▶ _WORK REQUEST_
Search the records below for "Bytes" and copy every line it turns up in.

*** EXCERPTED DATA ***

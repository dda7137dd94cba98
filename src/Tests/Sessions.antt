-- ===== src/Tests/Sessions.antt =====
-- The session store.
use nano_ldap.Prelude.{◌+◌, ◌≡◌, refl, List, [], ◌∷◌, arith, none, some, ok, err}
use nano_ldap.Text.{Bytes, codes}
use nano_ldap.Assoc.{get, put, revise}
use nano_ldap.Session.{
  Session, Store, new_store, hex_encode, create, get_session, delete_session, revoke_user,
  new_session,
}
use nano_ldap.Session.Invariant.{
  IsValid, Event, created, looked_up, deleted, revoked, run, run-IsValid, new_store-IsValid,
}
use nano_ldap.Session.Lookup.{
  live, get_session-live, get_session-revoke_user, others, get_session-delete_session,
  get_session-create, create-id_injective,
}

abbrev sessions : Store
sessions = new_store 100 1

abbrev token : Bytes
token = 0 ∷ 171 ∷ []

abbrev events : List Event
events =
    created (codes "admin") 1 (some token) 1
    ∷ looked_up (codes "00ab") 5 5
    ∷ revoked (codes "admin")
    ∷ []

-- The second session finds the store full, and has room once the first has expired.
second_refused :
    (create
      (create sessions (codes "admin") 1 (some token) 1).0
      (codes "root")
      50
      (some (1 ∷ []))
      50).1
    ≡ err nano_ldap.Session.session_limit
unfolding create revise put hex_encode
second_refused = refl

abbrev one_session : Store
one_session = (create sessions (codes "admin") 1 (some token) 1).0

run-IsValid_example : IsValid (run sessions events)
run-IsValid_example = run-IsValid events sessions (new_store-IsValid 100 1)

one_session-IsValid : IsValid one_session
one_session-IsValid =
    nano_ldap.Session.Invariant.step-IsValid sessions (created (codes "admin") 1 (some token) 1)
      (new_store-IsValid 100 1)

get_session-live_run :
    (get_session one_session (codes "00ab") 200 200).1
    ≡ live one_session 200 200 (get (codes "00ab") one_session.sessions)
get_session-live_run =
    get_session-live one_session (codes "00ab") 200 200 one_session-IsValid.distinct

get_session-revoke_user_example :
    (get_session (revoke_user one_session (codes "guest")) (codes "00ab") 5 6).1
    ≡ live one_session 5 6 (others (codes "guest") (get (codes "00ab") one_session.sessions))
get_session-revoke_user_example =
    get_session-revoke_user one_session (codes "guest") (codes "00ab") 5 6
      one_session-IsValid.distinct

deleted_is_gone :
    (get_session (delete_session one_session (codes "00ab")) (codes "00ab") 2 2).1 ≡ none
deleted_is_gone =
    get_session-delete_session one_session (codes "00ab") 2 2 one_session-IsValid.distinct

abbrev made : Session
made = new_session sessions (codes "admin") token 1

created_ok : (create sessions (codes "admin") 1 (some token) 1).1 ≡ ok made
unfolding create revise
created_ok = refl

get_session-create_example :
    (made.username ≡ codes "admin")
    × ((get_session one_session made.id 60 61).1
        ≡ some (record made { last_seen = 61; expires_at = 61 + 100 }))
get_session-create_example =
    get_session-create sessions (codes "admin") 1 1 (some token) made 60 61
      (new_store-IsValid 100 1) created_ok (omega arith)

create-id_injective_run : token ≡ token
create-id_injective_run =
    create-id_injective sessions sessions (codes "admin") (codes "admin") token token 1 1 1 1 made
      made (omega arith) (omega arith) created_ok created_ok refl
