-- ===== src/Tests/Sites.antt =====
-- The program from its start on an empty database, and requests to it.
use nano_ldap.Prelude.{◌≡◌, refl, true, false, arith, [], ◌∷◌, ◌++◌, ◌⊎◌, Option, none, some}
use nano_ldap.Text.{
  Bytes, codes, beq, split, cut, join, equal_fold, to_lower, lower, trim_space, trim_left,
  trim_right, is_space,
}
use nano_ldap.Directory.{normalize_base_dn, normalize_part, new_settings}
use nano_ldap.Session.{new_store}
use nano_ldap.Session.Invariant.{new_store-IsValid}
use nano_ldap.Sql.{Tables, migrated, UserRow}
use nano_ldap.Sql.Valid.{IsValid}
use nano_ldap.Store.{read_base_dn, ensure_base_dn, normalized}
use nano_ldap.Store.Seed.{seed_defaults}
use nano_ldap.Config.{Config, load, addr, has_enabled_listener}
use nano_ldap.Site.{Site, Request, Moment, guarded, Action, handle, handle_all}
use nano_ldap.Site.Guarded.{Untouched, IsAdministrator, handle_guarded}
use nano_ldap.App.{new}
use nano_ldap.App.Start.{IsConsistent, handle_all-new}

abbrev hash : Bytes → Option Bytes
hash password = some (codes "h:" ++ password)

-- The environment sets the base DN and the LDAP port.
abbrev getenv : Bytes → Bytes
getenv key = elim (beq key (codes "NANOLDAP_BASE_DN")) [
  | true ↦ codes "DC=home"
  | false ↦ elim (beq key (codes "NANOLDAP_LDAP_PORT")) [ true ↦ codes "389" | false ↦ [] ]
]

abbrev cfg : Config
cfg = load getenv (λ c. c)

listens : has_enabled_listener cfg ≡ true
unfolding has_enabled_listener load beq
listens = refl

ldap_addr : addr cfg cfg.ldap_port ≡ codes "0.0.0.0:389"
unfolding addr load beq
ldap_addr = refl

abbrev empty : Site
empty = record {
  db = migrated;
  sessions = new_store 100 2;
  settings = record { base_dn = codes "dc=home" };
}

abbrev row : UserRow
row = record {
  id = 1;
  username = codes "admin";
  password_hash = codes "h:admin";
  display_name = codes "admin";
  disabled = 0;
  created_at = 1;
  updated_at = 1;
}

-- A database that was used before.
abbrev tables : Tables
tables = record migrated { users = row ∷ []; base_dn = some (codes "dc=old"); next_user = 2 }

tables-IsValid : IsValid tables
tables-IsValid = record {
  user_ids = ground arith;
  usernames = ground arith;
  users_below = (omega arith, tt);
  group_ids = tt;
  names = tt;
  groups_below = tt;
  keys = tt;
  references = tt;
}

abbrev site : Site
site = record {
  db = tables;
  sessions = new_store cfg.session_idle_timeout cfg.session_max;
  settings = record { base_dn = codes "dc=old" };
}

started : new true true hash 1 cfg tables ≡ (tables, some site)
unfolding new seed_defaults ensure_base_dn normalized read_base_dn normalize_base_dn normalize_part
    split cut join equal_fold new_settings trim_space trim_left trim_right is_space beq to_lower
    lower
started = refl

-- A request without a cookie to create a user.
abbrev request : Request
request = record { cookie = none; hx_request = []; id = []; form = some (λ name. codes "eve" ∷ []) }

abbrev moment : Moment
moment = record {
  first = 1;
  now = 1;
  clock = 1;
  token = none;
  hash = hash;
  verify = λ stored password. some true;
}

handle_all-new_example :
    IsConsistent (handle_all site ((moment, guarded Action.creates_user, request) ∷ []))
handle_all-new_example =
    handle_all-new true true hash 1 cfg tables tables site
      ((moment, guarded Action.creates_user, request) ∷ []) tables-IsValid started

handle_guarded_example :
    Untouched empty (handle moment empty (guarded Action.creates_user) request).0
    ⊎ IsAdministrator moment empty (guarded Action.creates_user) request
handle_guarded_example =
    handle_guarded moment empty (guarded Action.creates_user) request (new_store-IsValid 100 2)
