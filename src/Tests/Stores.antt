-- ===== src/Tests/Stores.antt =====
-- The store, from the tables that `Migrate` leaves.
use nano_ldap.Prelude.{
  ◌≡◌, refl, true, false, List, [], ◌∷◌, ◌++◌, Option, some, ok, err, ◌⊎◌, arith,
}
use nano_ldap.Text.{
  Bytes, codes, beq, split, cut, join, equal_fold, to_lower, lower, trim_space, trim_left,
  trim_right, is_space,
}
use nano_ldap.Directory.{normalize_base_dn, normalize_part}
use nano_ldap.Entry.{User, Group}
use nano_ldap.Accounts.{UserInput, unique_names, display_or_username}
use nano_ldap.Sql.{
  Tables, migrated, user_with_id, group_with_id, group_with_name, insert_user, insert_group,
  insert_membership, update_user_row, delete_memberships, groups_of, insert_base_dn,
}
use nano_ldap.Sql.Valid.{IsValid, migrated-IsValid}
use nano_ldap.Store.{
  create_user, create_user_tx, create_group, assign_groups, update_user, update_user_tx,
  updated_hash, updated_display, get_user_by_id, get_group_by_id, scan_user, user_groups,
  read_base_dn, ensure_base_dn, insert_fallback, normalized, constraint,
}
use nano_ldap.Store.Seed.{seed_defaults, create_groups, create_users}
use nano_ldap.Store.Integrity.{Call, perform_all, perform_all-IsValid, creates_user, creates_group}
use nano_ldap.Store.Creation.{is_acceptable, create_user-is_ok, Created, create_user-Created}
use nano_ldap.Store.Users.{Updated, update_user-Updated, update_user-others}
use nano_ldap.Store.Total.{is_ok}
use nano_ldap.Store.BaseDn.{ensure_base_dn_once}

abbrev hash : Bytes → Option Bytes
hash password = some (codes "h:" ++ password)

abbrev input : Bytes → Bytes → List Bytes → UserInput
input name password groups = record {
  username = name;
  password = password;
  display_name = [];
  disabled = false;
  group_names = groups;
}

abbrev ann : UserInput
ann = input (codes " ann") (codes "pw") (codes "users" ∷ codes " Users" ∷ [])

abbrev bob : UserInput
bob = input (codes "bob") (codes "pw") (codes "users" ∷ [])

abbrev calls : List Call
calls =
    creates_group (record { name = codes "admins"; description = [] })
    ∷ creates_group (record { name = codes "users"; description = [] })
    ∷ creates_user hash 5 bob
    ∷ []

abbrev filled : Tables
filled = perform_all migrated calls

perform_all-IsValid_example : IsValid filled
perform_all-IsValid_example = perform_all-IsValid migrated calls migrated-IsValid

create_user-is_ok_example :
    (is_ok (create_user hash 6 filled bob).1 ≡ is_acceptable hash filled bob)
    × ((is_ok (create_user hash 6 filled bob).1 ≡ true)
        ⊎ ((create_user hash 6 filled bob).0 ≡ filled))
create_user-is_ok_example =
    create_user-is_ok hash 6 filled bob (perform_all-IsValid migrated calls migrated-IsValid)

bob_is_there : (create_user hash 6 filled bob).1 ≡ err constraint
unfolding perform_all create_user create_user_tx insert_user assign_groups insert_membership
    get_user_by_id user_with_id scan_user user_groups groups_of group_with_name trim_space trim_left
    trim_right is_space to_lower lower beq create_group insert_group unique_names
bob_is_there = refl

abbrev users_group : Group
users_group = record { id = 2; name = codes "users"; description = []; member_uids = [] }

abbrev ann_user : User
ann_user = record {
  id = 2;
  username = codes "ann";
  password_hash = codes "h:pw";
  display_name = codes "ann";
  disabled = false;
  created_at = 6;
  updated_at = 6;
  groups = users_group ∷ [];
}

abbrev with_ann : Tables
with_ann = (create_user hash 6 filled ann).0

ann_made : create_user hash 6 filled ann ≡ (with_ann, ok ann_user)
unfolding perform_all create_user create_user_tx insert_user assign_groups insert_membership
    get_user_by_id user_with_id scan_user user_groups groups_of group_with_name trim_space trim_left
    trim_right is_space to_lower lower beq create_group insert_group unique_names
    display_or_username
ann_made = refl

create_user-Created_example : Created hash ann with_ann ann_user (codes "users")
create_user-Created_example =
    create_user-Created hash 6 filled ann with_ann ann_user (codes "users")
      (perform_all-IsValid migrated calls migrated-IsValid) ann_made

abbrev promoted : UserInput
promoted = input [] [] (codes "admins" ∷ [])

abbrev admins_group : Group
admins_group = record { id = 1; name = codes "admins"; description = []; member_uids = [] }

abbrev bob_user : User
bob_user = record {
  id = 1;
  username = codes "bob";
  password_hash = codes "h:pw";
  display_name = codes "bob";
  disabled = false;
  created_at = 5;
  updated_at = 8;
  groups = admins_group ∷ [];
}

abbrev with_admin : Tables
with_admin = (update_user hash 8 filled 1 promoted).0

bob_promoted : update_user hash 8 filled 1 promoted ≡ (with_admin, ok bob_user)
unfolding perform_all create_user create_user_tx insert_user assign_groups insert_membership
    get_user_by_id user_with_id scan_user user_groups groups_of group_with_name trim_space trim_left
    trim_right is_space to_lower lower beq create_group insert_group update_user update_user_tx
    updated_hash updated_display update_user_row delete_memberships unique_names display_or_username
bob_promoted = refl

update_user-Updated_example : Updated hash filled 1 promoted bob_user (codes "users")
update_user-Updated_example =
    update_user-Updated hash 8 filled 1 promoted with_admin bob_user (codes "users")
      (perform_all-IsValid migrated calls migrated-IsValid) bob_promoted

update_user-others_example : get_user_by_id with_admin 2 ≡ get_user_by_id filled 2
update_user-others_example =
    update_user-others hash 8 filled 1 promoted with_admin bob_user 2 bob_promoted (ground arith)

abbrev settled : Tables
settled = (ensure_base_dn migrated (codes "DC=Home, DC=Arpa")).0

home : ensure_base_dn migrated (codes "DC=Home, DC=Arpa") ≡ (settled, ok (codes "dc=Home,dc=Arpa"))
unfolding ensure_base_dn insert_fallback normalized read_base_dn insert_base_dn trim_space trim_left
    trim_right is_space beq normalize_base_dn normalize_part split cut join equal_fold to_lower
    lower
home = refl

ensure_base_dn_once_run :
    (read_base_dn settled ≡ ok (codes "dc=Home,dc=Arpa"))
    × (ensure_base_dn settled (codes "dc=other") ≡ (settled, ok (codes "dc=Home,dc=Arpa")))
ensure_base_dn_once_run =
    ensure_base_dn_once migrated (codes "DC=Home, DC=Arpa") (codes "dc=other") settled
      (codes "dc=Home,dc=Arpa") home

-- The defaults are created on an empty store.
seeded : (seed_defaults hash 1 migrated).1 ≡ ok tt
unfolding seed_defaults create_groups create_users create_user create_user_tx insert_user
    assign_groups insert_membership get_user_by_id user_with_id scan_user user_groups groups_of
    group_with_name trim_space trim_left trim_right is_space to_lower lower beq create_group
    insert_group unique_names display_or_username get_group_by_id group_with_id
seeded = refl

***

▶ _REPLY TO THE EXERCISE_
use nano_ldap.Text.{Bytes, codes}
abbrev token : Bytes
  Bytes, codes, beq, split, cut, join, equal_fold, to_lower, lower, trim_space, trim_left,
abbrev hash : Bytes → Option Bytes
abbrev getenv : Bytes → Bytes
  Bytes, codes, beq, split, cut, join, equal_fold, to_lower, lower, trim_space, trim_left,
abbrev hash : Bytes → Option Bytes
abbrev input : Bytes → Bytes → List Bytes → UserInput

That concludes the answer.